* TASK OBJECTIVE *
Output only the lines below from the one containing "flags)) pd virt pt" to the one containing "λ r l odd. rw", exactly as written, both ends kept.

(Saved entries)
-- ===== src/Paging/Walk.antt =====
-- The walk of the processor over the tables, and what `paging_map_into` makes it find.
use stak_os.Base.{
  ℕ, ◌+◌, ◌*◌, ◌/◌, ◌%◌, ◌<◌, ◌≡◌, ◌≢◌, ◌⊎◌, inl, inr, refl, sym, ap, ◌∙◌, true, false, not, Option,
  none, some, ◌==◌, if◌then◌else◌, bit_and, bit_or, arith, Bool-cases, ne→==,
}
use stak_os.Base.Words.{u32_mod}
use stak_os.Base.Words.Bits.{bit_or-zero, bit_or_step}
use stak_os.Memory.{Mem, load32-store32_self, load32-store32_ne, load32-lt}
use stak_os.Pmm.{pmm_alloc_frame}
use stak_os.Paging.{
  Vm, entries, frame_of, is_present, entry_at, put_entry, zero_entries, pd_index, pt_index, new_pde,
  paging_map_into,
}
use stak_os.Paging.Entries.{
  frame_of_lem, is_present-odd, odd-is_present, entry_of, div-bit_or, page_apart, pd_index-lt,
  pt_index-lt, pd_index-page, pt_index-page,
}

-- The physical address behind a virtual one, `none` for a page fault.
unfoldable pub walk : Mem → (pd virt : ℕ) → Option ℕ
walk m pd virt =
    let pde = entry_at m pd (pd_index virt) in
    let pte = entry_at m (frame_of pde) (pt_index virt) in
    if is_present pde
    then if is_present pte then some (frame_of pte + virt % 4096) else none
    else none

module _ (m : Mem) (pd virt phys flags : ℕ) (pd_page : pd % 4096 ≡ 0) (virt_word : virt < u32_mod)
    (phys_word : phys < u32_mod) (small : flags < 4096) (present : flags % 2 ≡ 1) where
  abbrev pde : ℕ
  pde = entry_at m pd (pd_index virt)

  -- The last write of a mapping, with the table in place.
  pub walk-mapped :
      (a : ℕ)
      → is_present pde ≡ true
      → frame_of pde ≢ pd
      → a / 4096 ≡ virt / 4096
      → walk (put_entry m (frame_of pde) (pt_index virt) (bit_or (frame_of phys) flags)) pd a
        ≡ some (phys / 4096 * 4096 + a % 4096)
  unfolding walk
  walk-mapped a there apart page =
      let pt = frame_of pde in
      let pte : ℕ = bit_or (frame_of phys) flags in
      let m2 : Mem = put_entry m pt (pt_index virt) pte in
      let word : pde < u32_mod = load32-lt m (pd + 4 * pd_index virt) in
      let at_pt : pt ≡ pde / 4096 * 4096 = frame_of_lem pde word in
      let value : pte ≡ phys / 4096 * 4096 + flags =
        ap (λ x. bit_or x flags) (frame_of_lem phys phys_word) ∙ entry_of phys flags small in
      let same_pde : entry_at m2 pd (pd_index virt) ≡ pde =
        load32-store32_ne m (pt + 4 * pt_index virt) (pd + 4 * pd_index virt) pte (
          page_apart pt pd (pt_index virt) (pd_index virt) (omega (arith, at_pt)) pd_page apart
            (pt_index-lt virt) (pd_index-lt virt virt_word)) in
      let same_pte : entry_at m2 pt (pt_index virt) ≡ pte =
        load32-store32_self m (pt + 4 * pt_index virt) pte
        ∙ omega (arith, value, small, phys_word) in
      let odd : is_present pte ≡ true = is_present-odd pte (omega (arith, value, present)) in
      let frame : frame_of pte ≡ phys / 4096 * 4096 =
        frame_of_lem pte (omega (arith, value, small, phys_word)) ∙ omega (arith, value, small) in
      rw
        (
          pd_index-page a virt page,
          pt_index-page a virt page,
          same_pde,
          there,
          same_pte,
          odd,
          frame,
        )
        refl

-- The directory entry for `virt` leads to a table apart from the directory, or the allocator has a
-- frame for a new table, a page apart from the directory.
abbrev pub HasTable : Vm → (pd virt : ℕ) → Type 0
HasTable vm pd virt =
    let pde = entry_at vm.mem pd (pd_index virt) in
    let frame = (pmm_alloc_frame vm.pmm).0 in
    ((is_present pde ≡ true) × (frame_of pde ≢ pd))
    ⊎ ((is_present pde ≡ false)
        × (frame ≢ 0)
        × (frame ≢ pd)
        × (frame % 4096 ≡ 0)
        × (frame < u32_mod))

-- The directory entry that leads to the table, after the first writes of a mapping.
pub record Entry (m : Mem) (pd virt pt : ℕ) : Type 0 where
  pub there : is_present (entry_at m pd (pd_index virt)) ≡ true
  pub table : frame_of (entry_at m pd (pd_index virt)) ≡ pt

Entry-put :
    (m : Mem) (pd virt pt v : ℕ)
    → v < u32_mod
    → v % 2 ≡ 1
    → v / 4096 * 4096 ≡ pt
    → Entry (put_entry m pd (pd_index virt) v) pd virt pt
Entry-put m pd virt pt v l odd frame =
    let e : entry_at (put_entry m pd (pd_index virt) v) pd (pd_index virt) ≡ v =
      load32-store32_self m (pd + 4 * pd_index virt) v ∙ omega (arith, l) in
    record { there = rw e (is_present-odd v odd); table = rw e (frame_of_lem v l ∙ frame) }

pub Entry-new :
    (m : Mem) (pd virt pt flags : ℕ)
    → pt % 4096 ≡ 0
    → pt < u32_mod
    → Entry (put_entry m pd (pd_index virt) (new_pde pt flags)) pd virt pt
Entry-new m pd virt pt flags page word =
    let back : pt / 4096 * 4096 ≡ pt = omega (arith, page) in
    let with_flags : (r : ℕ) → r < 4096 → bit_or pt r ≡ pt + r =
      λ r l. rw back at (entry_of pt r l) in
    let entry : (r : ℕ)
        → r < 4096
        → r % 2 ≡ 1
        → Entry (put_entry m pd (pd_index virt) (bit_or pt r)) pd virt pt =
      λ r l odd. rw (with_flags r l) (
        Entry-put m pd virt pt (pt + r) (omega (arith, page, word, l)) (omega (arith, page, odd))
          (omega (arith, page, l))) in
    elim (Bool-cases (not (bit_and flags 4 == 0))) [
      | inl e ↦ rw e (entry 7 (omega arith) refl)
      | inr e ↦ rw e (entry 3 (omega arith) refl)
    ]

pub Entry-user :
    (m : Mem) (pd virt : ℕ)
    → (let pde = entry_at m pd (pd_index virt) in
        is_present pde ≡ true
        → Entry (put_entry m pd (pd_index virt) (bit_or pde 4)) pd virt (frame_of pde))
Entry-user m pd virt there =
    let pde = entry_at m pd (pd_index virt) in
    let word : pde < u32_mod = load32-lt m (pd + 4 * pd_index virt) in
    let high : bit_or pde 4 / 4096 ≡ pde / 4096 =
      div-bit_or 12 pde 4 ∙ bit_or-zero (pde / 4096) (pde / 4096) (omega arith) in
    Entry-put m pd virt (frame_of pde) (bit_or pde 4) (omega (arith, high, word))
      (omega (arith, bit_or_step pde 4, odd-is_present pde there))
      (ap (λ q. q * 4096) high ∙ sym (frame_of_lem pde word))

-- For a directory at a page address, addresses of 32 bits and flags below 4096 with PRESENT among
-- them, with a table or a frame for one apart from the directory,
-- `paging_map_into` succeeds, and the processor then finds every address of the virtual page at the
-- same place of the physical page.
pub paging_map_into-walk :
    (vm : Vm) (pd virt phys flags : ℕ)
    → pd % 4096 ≡ 0
    → virt < u32_mod
    → phys < u32_mod
    → flags < 4096
    → flags % 2 ≡ 1
    → HasTable vm pd virt
    → (vm' : Vm) × (paging_map_into vm pd virt phys flags ≡ some vm')
      × ((a : ℕ)
          → a / 4096 ≡ virt / 4096
          → walk vm'.mem pd a ≡ some (phys / 4096 * 4096 + a % 4096))
unfolding paging_map_into
paging_map_into-walk vm pd virt phys flags page word pword small present has =
    let i = pd_index virt in
    let pde = entry_at vm.mem pd i in
    let pt = (pmm_alloc_frame vm.pmm).0 in
    let fresh : Mem = put_entry (zero_entries entries vm.mem pt) pd i (new_pde pt flags) in
    let after : (m : Mem) (table : ℕ)
        → Entry m pd virt table
        → table ≢ pd
        → (a : ℕ) → a / 4096 ≡ virt / 4096
        → walk
            (put_entry m (frame_of (entry_at m pd i)) (pt_index virt)
              (bit_or (frame_of phys) flags))
            pd a
          ≡ some (phys / 4096 * 4096 + a % 4096) =
      λ m table e apart a same.
        walk-mapped m pd virt phys flags page word pword small present a e.there
          (λ z. apart (sym e.table ∙ z)) same in
    elim has [
      | inr (absent_, nz, ne, aligned, pt_word) ↦
          rw (absent_, ne→== pt 0 nz)
            (
              _,
              refl,
              after fresh pt
                  (Entry-new (zero_entries entries vm.mem pt) pd virt pt flags aligned pt_word) ne,
            )
      | inl (there, apart) ↦ elim (Bool-cases (not (bit_and flags 4 == 0))) [
        | inl e ↦
            rw (there, e)
              (
                _,
                refl,
                after (put_entry vm.mem pd i (bit_or pde 4)) (frame_of pde)
                    (Entry-user vm.mem pd virt there) apart,
              )
        | inr e ↦
            rw (there, e)
              (_, refl, after vm.mem (frame_of pde) (record { there = there; table = refl }) apart)
      ]
    ]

* RESULT OF THIS EXERCISE *
    → Entry (put_entry m pd (pd_index virt) (new_pde pt flags)) pd virt pt
Entry-new m pd virt pt flags page word =
    let back : pt / 4096 * 4096 ≡ pt = omega (arith, page) in
    let with_flags : (r : ℕ) → r < 4096 → bit_or pt r ≡ pt + r =
      λ r l. rw back at (entry_of pt r l) in
    let entry : (r : ℕ)
        → r < 4096
        → r % 2 ≡ 1
        → Entry (put_entry m pd (pd_index virt) (bit_or pt r)) pd virt pt =
      λ r l odd. rw (with_flags r l) (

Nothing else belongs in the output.